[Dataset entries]
------------------------------------------------------------------------
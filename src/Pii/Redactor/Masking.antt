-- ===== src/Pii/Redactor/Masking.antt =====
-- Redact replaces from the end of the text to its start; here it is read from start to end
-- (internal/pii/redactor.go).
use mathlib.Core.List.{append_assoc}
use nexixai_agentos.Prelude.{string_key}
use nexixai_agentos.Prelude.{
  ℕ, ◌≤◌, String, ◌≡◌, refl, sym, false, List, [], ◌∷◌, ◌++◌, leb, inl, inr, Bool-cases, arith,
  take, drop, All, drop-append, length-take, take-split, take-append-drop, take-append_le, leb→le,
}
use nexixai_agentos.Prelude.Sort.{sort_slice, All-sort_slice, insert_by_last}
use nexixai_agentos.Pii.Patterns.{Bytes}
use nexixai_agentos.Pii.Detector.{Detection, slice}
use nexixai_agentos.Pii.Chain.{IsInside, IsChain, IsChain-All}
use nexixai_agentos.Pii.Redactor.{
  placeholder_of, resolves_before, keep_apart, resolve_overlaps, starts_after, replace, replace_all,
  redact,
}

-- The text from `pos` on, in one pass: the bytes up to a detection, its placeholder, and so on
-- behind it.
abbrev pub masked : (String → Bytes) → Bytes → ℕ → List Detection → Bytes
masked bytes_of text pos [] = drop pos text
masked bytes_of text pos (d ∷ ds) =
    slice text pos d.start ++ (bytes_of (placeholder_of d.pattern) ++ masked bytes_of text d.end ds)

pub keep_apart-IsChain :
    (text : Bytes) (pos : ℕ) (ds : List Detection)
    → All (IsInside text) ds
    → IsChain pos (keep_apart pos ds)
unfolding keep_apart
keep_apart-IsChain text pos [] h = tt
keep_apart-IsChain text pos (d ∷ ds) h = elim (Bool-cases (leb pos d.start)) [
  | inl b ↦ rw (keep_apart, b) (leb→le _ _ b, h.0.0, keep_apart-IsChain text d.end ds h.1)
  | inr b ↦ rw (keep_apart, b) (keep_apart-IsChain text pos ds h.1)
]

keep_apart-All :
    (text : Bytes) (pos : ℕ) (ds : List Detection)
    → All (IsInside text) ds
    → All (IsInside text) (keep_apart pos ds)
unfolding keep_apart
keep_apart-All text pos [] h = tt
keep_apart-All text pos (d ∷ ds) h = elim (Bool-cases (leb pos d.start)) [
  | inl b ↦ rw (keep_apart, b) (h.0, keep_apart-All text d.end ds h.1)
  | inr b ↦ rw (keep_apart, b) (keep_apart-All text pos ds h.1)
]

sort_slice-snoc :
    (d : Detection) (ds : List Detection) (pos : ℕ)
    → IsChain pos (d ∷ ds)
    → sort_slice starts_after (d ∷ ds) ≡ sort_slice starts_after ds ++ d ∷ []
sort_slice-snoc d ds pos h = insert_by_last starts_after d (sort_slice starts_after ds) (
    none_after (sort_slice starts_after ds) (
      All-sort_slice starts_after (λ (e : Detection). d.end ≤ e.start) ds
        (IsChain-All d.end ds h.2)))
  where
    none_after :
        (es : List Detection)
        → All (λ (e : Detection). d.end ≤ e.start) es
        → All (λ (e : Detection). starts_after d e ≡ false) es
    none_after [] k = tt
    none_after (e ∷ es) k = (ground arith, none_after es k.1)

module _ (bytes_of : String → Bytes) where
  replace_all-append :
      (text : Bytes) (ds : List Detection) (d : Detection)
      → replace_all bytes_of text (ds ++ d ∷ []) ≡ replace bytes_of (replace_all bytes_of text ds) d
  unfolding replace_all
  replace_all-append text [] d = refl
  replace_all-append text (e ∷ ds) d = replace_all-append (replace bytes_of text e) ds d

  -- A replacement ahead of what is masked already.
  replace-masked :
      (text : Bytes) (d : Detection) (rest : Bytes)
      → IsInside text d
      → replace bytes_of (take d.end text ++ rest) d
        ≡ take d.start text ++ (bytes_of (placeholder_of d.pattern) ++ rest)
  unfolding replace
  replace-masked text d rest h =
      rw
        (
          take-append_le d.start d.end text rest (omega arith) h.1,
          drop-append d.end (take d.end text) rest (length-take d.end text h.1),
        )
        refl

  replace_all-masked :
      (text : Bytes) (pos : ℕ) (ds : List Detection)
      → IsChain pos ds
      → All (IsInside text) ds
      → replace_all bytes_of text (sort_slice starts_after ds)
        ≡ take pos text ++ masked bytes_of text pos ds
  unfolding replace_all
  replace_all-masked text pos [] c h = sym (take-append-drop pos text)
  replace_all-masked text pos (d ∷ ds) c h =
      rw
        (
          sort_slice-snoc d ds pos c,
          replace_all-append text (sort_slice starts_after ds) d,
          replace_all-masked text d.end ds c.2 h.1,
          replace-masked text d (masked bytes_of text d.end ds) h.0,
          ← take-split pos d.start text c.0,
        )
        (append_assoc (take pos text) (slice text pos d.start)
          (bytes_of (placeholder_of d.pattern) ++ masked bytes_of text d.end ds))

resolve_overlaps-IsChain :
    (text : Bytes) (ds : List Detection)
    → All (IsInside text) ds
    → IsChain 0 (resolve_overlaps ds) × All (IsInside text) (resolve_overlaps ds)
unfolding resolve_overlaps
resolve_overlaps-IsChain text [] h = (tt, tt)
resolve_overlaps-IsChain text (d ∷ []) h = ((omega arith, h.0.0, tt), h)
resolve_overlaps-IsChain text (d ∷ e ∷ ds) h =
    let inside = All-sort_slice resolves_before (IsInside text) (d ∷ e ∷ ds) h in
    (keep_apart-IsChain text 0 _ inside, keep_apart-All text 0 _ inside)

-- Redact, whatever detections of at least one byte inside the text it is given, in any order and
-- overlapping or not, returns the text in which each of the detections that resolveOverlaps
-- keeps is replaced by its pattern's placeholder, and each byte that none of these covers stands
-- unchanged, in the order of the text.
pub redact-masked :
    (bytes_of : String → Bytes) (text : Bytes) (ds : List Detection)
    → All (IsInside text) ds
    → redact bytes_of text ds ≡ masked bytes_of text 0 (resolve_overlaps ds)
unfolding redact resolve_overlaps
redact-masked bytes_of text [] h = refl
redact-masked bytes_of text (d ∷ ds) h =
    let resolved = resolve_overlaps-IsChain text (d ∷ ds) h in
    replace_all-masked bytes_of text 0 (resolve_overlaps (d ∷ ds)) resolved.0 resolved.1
------------------------------------------------------------------------
ASSIGNED TASK —
Only the lines above starting at the one containing "replace_all-append text (sort_slice" and ending at the one containing "resolve_overlaps-IsChain text [] h = (tt, tt)", both included, are to be returned, exactly as they read.

EXPECTED ANSWER —
          replace_all-append text (sort_slice starts_after ds) d,
          replace_all-masked text d.end ds c.2 h.1,
          replace-masked text d (masked bytes_of text d.end ds) h.0,
          ← take-split pos d.start text c.0,
        )
        (append_assoc (take pos text) (slice text pos d.start)
          (bytes_of (placeholder_of d.pattern) ++ masked bytes_of text d.end ds))

resolve_overlaps-IsChain :
    (text : Bytes) (ds : List Detection)
    → All (IsInside text) ds
    → IsChain 0 (resolve_overlaps ds) × All (IsInside text) (resolve_overlaps ds)
unfolding resolve_overlaps
resolve_overlaps-IsChain text [] h = (tt, tt)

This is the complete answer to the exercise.